Neun Länder arbeiten bereits mit der IAEO in Pilotanlagen, in denen diese Innovationen erprobt werden. In Argentinien etwa werden recycelte Kunststoffe zu Eisenbahnschwellen verarbeitet. In Malaysia entstehen daraus Kraftstoffe. In den Philippinen und Indonesien werden nachhaltige Baustoffe aus Holz- und Plastikmischungen hergestellt.

Laut dem Technologiereifegradmodell TRL stehen viele dieser Technologien kurz vor der Marktreife. Das könnte eine breite Einführung ermöglichen und die Recyclingwirtschaft grundlegend verändern.

Celina Horak, Expertin der IAEO, betont, dass durch Strahlung behandelte Materialien nicht radioaktiv werden. Die Methode sei sicher, effizient und umweltfreundlich.

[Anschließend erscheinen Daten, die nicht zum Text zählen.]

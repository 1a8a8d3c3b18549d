-- ===== src/Replica/Epochs/Window.antt =====
-- The replica can open what the courier forwards: courier/server/envelope_epoch.go against
-- replica/envelope_epoch.go.
use mathlib.Core.Path.{subst}
use katzenpost_wt.Prelude.{
  ℕ, ◌+◌, ◌-◌, ◌%◌, ◌^◌, ◌<◌, ◌≡◌, ◌⊎◌, ◌↔◌, none, inl, inr, true, false, List, [], ◌∷◌, Option,
  some, Run, ok, arith, ltb, Option-cases, Bool-cases, ap, ◌∙◌, ◌==◌,
}
use katzenpost_wt.Replica.Epochs.{
  is_envelope_epoch_acceptable, Delta, before, same, after, epoch_at, EpochError, try_deltas,
  try_decapsulate_across_epoch_window,
}

-- The loop tries this epoch in one of its rounds.
abbrev pub Tries : ℕ → ℕ → List Delta → Type 0
Tries current epoch [] = ⊥
Tries current epoch (d ∷ ds) = (epoch_at current d ≡ some epoch) ⊎ Tries current epoch ds

acceptable-Tries :
    (epoch current : ℕ)
    → epoch < 2 ^ 64
    → is_envelope_epoch_acceptable epoch current ≡ true
    → Tries current epoch (before ∷ same ∷ after ∷ [])
unfolding is_envelope_epoch_acceptable epoch_at
acceptable-Tries epoch current small h = elim (Bool-cases (ltb current epoch)) [
  | inl above ↦
      let next : (current + 1) % 2 ^ 64 ≡ epoch = ground arith in inr (inr (inl (ap some next)))
  | inr upto ↦ elim (Bool-cases (epoch == current)) [
    | inl equal ↦ let this : current ≡ epoch = ground arith in inr (inl (ap some this))
    | inr below ↦
        let previous : current - 1 ≡ epoch = ground arith in
        let exists : ltb current 1 ≡ false = ground arith in inl (rw exists (ap some previous))
  ]
]

Tries-acceptable :
    (epoch current : ℕ)
    → current + 1 < 2 ^ 64
    → Tries current epoch (before ∷ same ∷ after ∷ [])
    → is_envelope_epoch_acceptable epoch current ≡ true
unfolding is_envelope_epoch_acceptable epoch_at
Tries-acceptable epoch current small (inl previous) = elim (Bool-cases (ltb current 1)) [
  | inl first ↦ let e : none ≡ some epoch = rw first at previous in absurd (cc)
  | inr later ↦
      let e : some (current - 1) ≡ some epoch = rw later at previous in
      let this : current - 1 ≡ epoch = cc in ground arith
]
Tries-acceptable epoch current small (inr (inl e)) = let this : current ≡ epoch = cc in ground arith
Tries-acceptable epoch current small (inr (inr (inl e))) =
    let this : (current + 1) % 2 ^ 64 ≡ epoch = cc in ground arith
Tries-acceptable epoch current small (inr (inr (inr x))) = absurd x

module _ {ℓ} {Keypair Ciphertext : Type ℓ} (keypair : ℕ → Option Keypair)
    (decapsulate : Keypair → Ciphertext → Option (List ℕ)) (ct : Ciphertext) where
  -- The loop returned a plaintext.
  abbrev pub Opened : Run EpochError (List ℕ × Keypair × ℕ) → Type ℓ
  Opened r =
      (plaintext : List ℕ) × (k : Keypair) × (epoch : ℕ) × (r ≡ ok (plaintext, k, epoch))
      × (keypair epoch ≡ some k)
      × (decapsulate k ct ≡ some plaintext)

  try_deltas-Opened :
      (current epoch : ℕ) (ds : List Delta) (failure : EpochError) (k : Keypair)
      (plaintext : List ℕ)
      → Tries current epoch ds
      → keypair epoch ≡ some k
      → decapsulate k ct ≡ some plaintext
      → Opened (try_deltas keypair decapsulate ct current ds failure)
  unfolding try_deltas
  try_deltas-Opened current epoch [] failure k plaintext t has opens = absurd t
  try_deltas-Opened current epoch (d ∷ ds) failure k plaintext (inl this) has opens =
      (plaintext, k, epoch, rw (this, try_deltas, has, opens), has, opens)
  try_deltas-Opened current epoch (d ∷ ds) failure k plaintext (inr later) has opens =
      let on : (f : EpochError) → Opened (try_deltas keypair decapsulate ct current ds f) =
        λ f. try_deltas-Opened current epoch ds f k plaintext later has opens in
      elim (Option-cases (epoch_at current d)) [
        | inl skipped ↦ rw (skipped, try_deltas) (on failure)
        | inr (e, there) ↦ elim (Option-cases (keypair e)) [
          | inl missing ↦ rw (there, try_deltas, missing) (on failure)
          | inr (k', found) ↦ elim (Option-cases (decapsulate k' ct)) [
            | inl fails ↦ rw (there, try_deltas, found, fails) (on EpochError.decapsulation_failed)
            | inr (text, succeeds) ↦
                (text, k', e, rw (there, try_deltas, found, succeeds), found, succeeds)
          ]
        ]
      ]

  -- The replica opens what the courier forwards. If the courier accepts the envelope's epoch while
  -- the replica's clock shows the same current epoch, and the replica holds the keypair of the
  -- envelope's epoch, with which the ciphertext decapsulates, then the loop over the window returns
  -- a plaintext, from a keypair that it holds and that decapsulates the ciphertext to it.
  pub accepted-Opened :
      (current epoch : ℕ) (k : Keypair) (plaintext : List ℕ)
      → epoch < 2 ^ 64
      → is_envelope_epoch_acceptable epoch current ≡ true
      → keypair epoch ≡ some k
      → decapsulate k ct ≡ some plaintext
      → Opened (try_decapsulate_across_epoch_window keypair decapsulate ct current)
  unfolding try_decapsulate_across_epoch_window
  accepted-Opened current epoch k plaintext small accepted has opens =
      try_deltas-Opened current epoch (before ∷ same ∷ after ∷ []) EpochError.no_keys k plaintext
        (acceptable-Tries epoch current small accepted) has opens

  -- What the loop returns, it got in a round with the keypair of that epoch.
  try_deltas-Tries :
      (current epoch : ℕ) (ds : List Delta) (failure : EpochError) (k : Keypair)
      (plaintext : List ℕ)
      → try_deltas keypair decapsulate ct current ds failure ≡ ok (plaintext, k, epoch)
      → Tries current epoch ds
  unfolding try_deltas
  try_deltas-Tries current epoch [] failure k plaintext h = cc
  try_deltas-Tries current epoch (d ∷ ds) failure k plaintext h =
      elim (Option-cases (epoch_at current d)) [
        | inl skipped ↦
            inr (
              try_deltas-Tries current epoch ds failure k plaintext (rw (skipped, try_deltas) at h))
        | inr (e, there) ↦ elim (Option-cases (keypair e)) [
          | inl missing ↦ inr (
              try_deltas-Tries current epoch ds failure k plaintext
                (rw (there, try_deltas, missing) at h))
          | inr (k', found) ↦ elim (Option-cases (decapsulate k' ct)) [
            | inl fails ↦ inr (
                try_deltas-Tries current epoch ds EpochError.decapsulation_failed k plaintext
                  (rw (there, try_deltas, found, fails) at h))
            | inr (text, succeeds) ↦
                let done : ok (text, k', e) ≡ ok (plaintext, k, epoch) =
                  rw (there, try_deltas, found, succeeds) at h in
                let this : e ≡ epoch = cc in inl (there ∙ ap some this)
          ]
        ]
      ]

  -- For a replica that holds the keypair of one epoch only, with which the ciphertext decapsulates:
  -- the courier accepts that epoch exactly when the replica's loop over its window returns a
  -- plaintext, whatever the current epoch is, but for the last that a word holds.
  pub acceptable_iff :
      (current epoch : ℕ) (k : Keypair) (plaintext : List ℕ)
      → epoch < 2 ^ 64
      → current + 1 < 2 ^ 64
      → keypair epoch ≡ some k
      → ((e : ℕ) (other : Keypair) → keypair e ≡ some other → e ≡ epoch)
      → decapsulate k ct ≡ some plaintext
      → (is_envelope_epoch_acceptable epoch current ≡ true)
        ↔ Opened (try_decapsulate_across_epoch_window keypair decapsulate ct current)
  unfolding try_decapsulate_across_epoch_window
  acceptable_iff current epoch k plaintext word small has only opens = (
    λ accepted. accepted-Opened current epoch k plaintext word accepted has opens,
    λ (text, k', e, returned, held, decapsulates).
        let tried =
          try_deltas-Tries current e (before ∷ same ∷ after ∷ []) EpochError.no_keys k' text
            returned in
        Tries-acceptable epoch current small
          (subst (λ e. Tries current e (before ∷ same ∷ after ∷ [])) (only e k' held) tried),
  )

Ziel sei nicht nur die Reduktion des Plastik-Fußabdrucks, sondern der Aufbau einer Kreislaufwirtschaft zum Schutz des Planeten.

Wissenschaft, Zukunft und ein Paradigmenwechsel

Diese nuklearen Technologien gehen über reine Abfallbewältigung hinaus: Sie schlagen eine neue Form der Nachhaltigkeit vor – das Problem wird zur Ressource. Nicht wegwerfen, sondern wiederverwenden. Nicht verschmutzen, sondern innovieren. Die IAEO setzt auf globale Kooperation, um diese Lösungen weltweit umzusetzen.

Die Nuklearwissenschaft, bisher vor allem mit Energie oder Medizin verbunden, könnte sich als entscheidendes Werkzeug zur Bewältigung einer der größten Umweltkrisen des Jahrhunderts erweisen. Und alles deutet darauf hin, dass wir gerade erst den Anfang erleben.